John Button (born 9 February 1944 in Liverpool, England) is a Western Australian man who was the victim of a significant miscarriage of justice. Button was wrongfully convicted of the manslaughter, by vehicle impact, of his girlfriend, Rosemary Anderson, in 1963. He was sentenced to 10 years in prison, and released in 1968. The conviction was quashed in 2002. The murder for which Button was wrongfully convicted had actually been committed by serial killer Eric Edgar Cooke. He was one of two men to be wrongfully convicted of murders committed by Cooke, the other being Darryl Beamish. Although Beamish had only become a suspect since he was a burglar and convicted child molester, Button was completely innocent of any crime.

==Vindication==
Several appeals to courts or for ministerial intervention were unsuccessful. In 1998, a Western Australian journalist, Estelle Blackburn, advanced the cause of Button's vindication through her book Broken Lives. Following the book's publication the case went before the courts again with Button represented by Tom Percy QC and Jonathan Davies both of whom worked pro bono on the case.

At the original trial the strongest evidence apart from Button's confession was that his 1962 Simca P60 Aronde sedan had damage consistent with an accident. Trevor Condron was the police officer who had examined John Button's Simca in 1963 but he had not been asked what could have caused the damage at the trial. He told the appeals court that while the car was damaged, the damage was not consistent with hitting a person and that three weeks before Anderson's death, Button had reported to police an accident with a Ford Prefect that had caused matching damage to that seen by Condron. This accident report had been known to police at the original trial but been discounted as irrelevant. The court also heard from Dr Neil Turner who had treated Anderson. He claimed that her injuries were not consistent with Button's vehicle. The world's leading pedestrian accident expert, American William "Rusty" Haight, was flown to Australia and testified that experiments with a biomedical human-form dummy, three Simca P60 sedans similar to that owned by John Button and a 1961/62 Holden EK sedan similar to the one serial killer Eric Edgar Cooke claimed he was driving when he hit Anderson, matched exactly Cooke's account and excluded the Simca.

Button self-published a book in 1998 titled Why Me Lord! which told of his ordeal.

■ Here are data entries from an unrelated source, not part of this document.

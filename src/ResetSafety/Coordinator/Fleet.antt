-- ===== src/ResetSafety/Coordinator/Fleet.antt =====
-- reset_coordinator.cpp, `busy` and `fleet`: the summary of the vehicles.
use xgc2_ugv_controller.Base.{
  ℕ, Bool, false, not, ◌||◌, String, List, [], ◌∷◌, Option, none, some, str_eq, if◌then◌else◌,
}
use xgc2_ugv_controller.Floating.{Double, lit}
use xgc2_ugv_controller.ResetClient.Protocol.{Phase, GrantState, Reason}
use xgc2_ugv_controller.ResetSafety.Planner.{Planner, PlannerBodyReport}
use xgc2_ugv_controller.ResetSafety.Coordinator.{
  Coordinator, CoordinatorConfig, Entry, Publication, participant_phase,
}
use xgc2_ugv_controller.ResetSafety.Coordinator.Vehicles.{lost}

pub record FleetMember (D : Type 0) : Type 0 where
  pub vehicle : String
  pub session : ℕ  -- uint32_t
  pub phase : Phase
  pub grant_state : GrantState
  pub reason : Reason
  pub progress : D
  pub remaining : D
  pub is_lost : Bool
  pub blockers : List String

pub record FleetSummary (D : Type 0) : Type 0 where
  pub scene_available : Bool
  pub members : List (FleetMember D)

module _ {D : Type 0} where
  any_participant : List (String × Entry D) → Bool
  any_participant [] = false
  any_participant ((n, e) ∷ rest) = participant_phase e.session.phase || any_participant rest

  any_route : List (PlannerBodyReport D) → Bool
  any_route [] = false
  any_route (r ∷ rest) = r.has_route || any_route rest

  abbrev pub busy : {P : Type 0} → Planner D P → Coordinator D P → Bool
  unfolding any_participant any_route
  busy planner c = any_participant c.entries || any_route (planner.report c.planner)

  -- `reports[r.id] = r` in the order of the reports: the last one stays.
  find_report : String → List (PlannerBodyReport D) → Option (PlannerBodyReport D)
  find_report name [] = none
  find_report name (r ∷ rest) =
      later (if str_eq r.id name then some r else none) (find_report name rest)
    where
      later :
          Option (PlannerBodyReport D) → Option (PlannerBodyReport D) → Option (PlannerBodyReport D)
      later first none = first
      later first (some r) = some r

module _ {D : Type 0} ⦃f : Double D⦄ where
  -- What the last message says.
  said : Option (Publication D) → FleetMember D → FleetMember D
  said none m = m
  said (some p) m = record m {
    grant_state = p.grant.state;
    reason = p.grant.reason;
    blockers = p.grant.blockers;
  }

  reported : Option (PlannerBodyReport D) → FleetMember D → FleetMember D
  reported none m = m
  reported (some r) m =
      if r.has_route then record m { progress = r.progress; remaining = r.remaining } else m

  member_of :
      CoordinatorConfig D → D → List (PlannerBodyReport D) → String → Entry D → FleetMember D
  unfolding said reported find_report lost
  member_of cfg now reports name e = reported (find_report name reports) (
      said e.last (record {
        vehicle = name;
        session = e.session.session;
        phase = e.session.phase;
        grant_state = GrantState.hold;
        reason = Reason.none;
        progress = lit 0 0;
        remaining = lit 0 0;
        is_lost = lost cfg now e;
        blockers = [];
      }))

  members_of :
      CoordinatorConfig D
      → D
      → List (PlannerBodyReport D)
      → List (String × Entry D)
      → List (FleetMember D)
  unfolding member_of
  members_of cfg now reports [] = []
  members_of cfg now reports ((n, e) ∷ rest) =
      member_of cfg now reports n e ∷ members_of cfg now reports rest

  abbrev pub fleet : {P : Type 0} → Planner D P → D → Coordinator D P → FleetSummary D
  unfolding members_of
  fleet planner now c = record {
    scene_available = not c.scene_authored || c.scene_available;
    members = members_of c.config now (planner.report c.planner) c.entries;
  }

On 25 February 2002, the Court of Criminal Appeal quashed Button's conviction after evidence from vehicle crash experts proved that Cooke was most likely the culprit. In a televised interview six months after Button's conviction was quashed, Rosemary Anderson's parents refused to embrace the finding and still maintained that Cooke did not kill their daughter and that Button was guilty. A conference between the Button, Anderson and Cooke families, Blackburn and her publisher Bret Christian organized by Australian Story changed their minds, although Mrs. Anderson maintained Button was still responsible as it was his role as her escort on the night to bring her home. Following a meeting with the W.A Director of Public Prosecutions to discuss the court's findings, the Andersons accepted Button's innocence was proven.

Button now spearheads the Western Australian Innocence Project which aims to free the wrongfully convicted.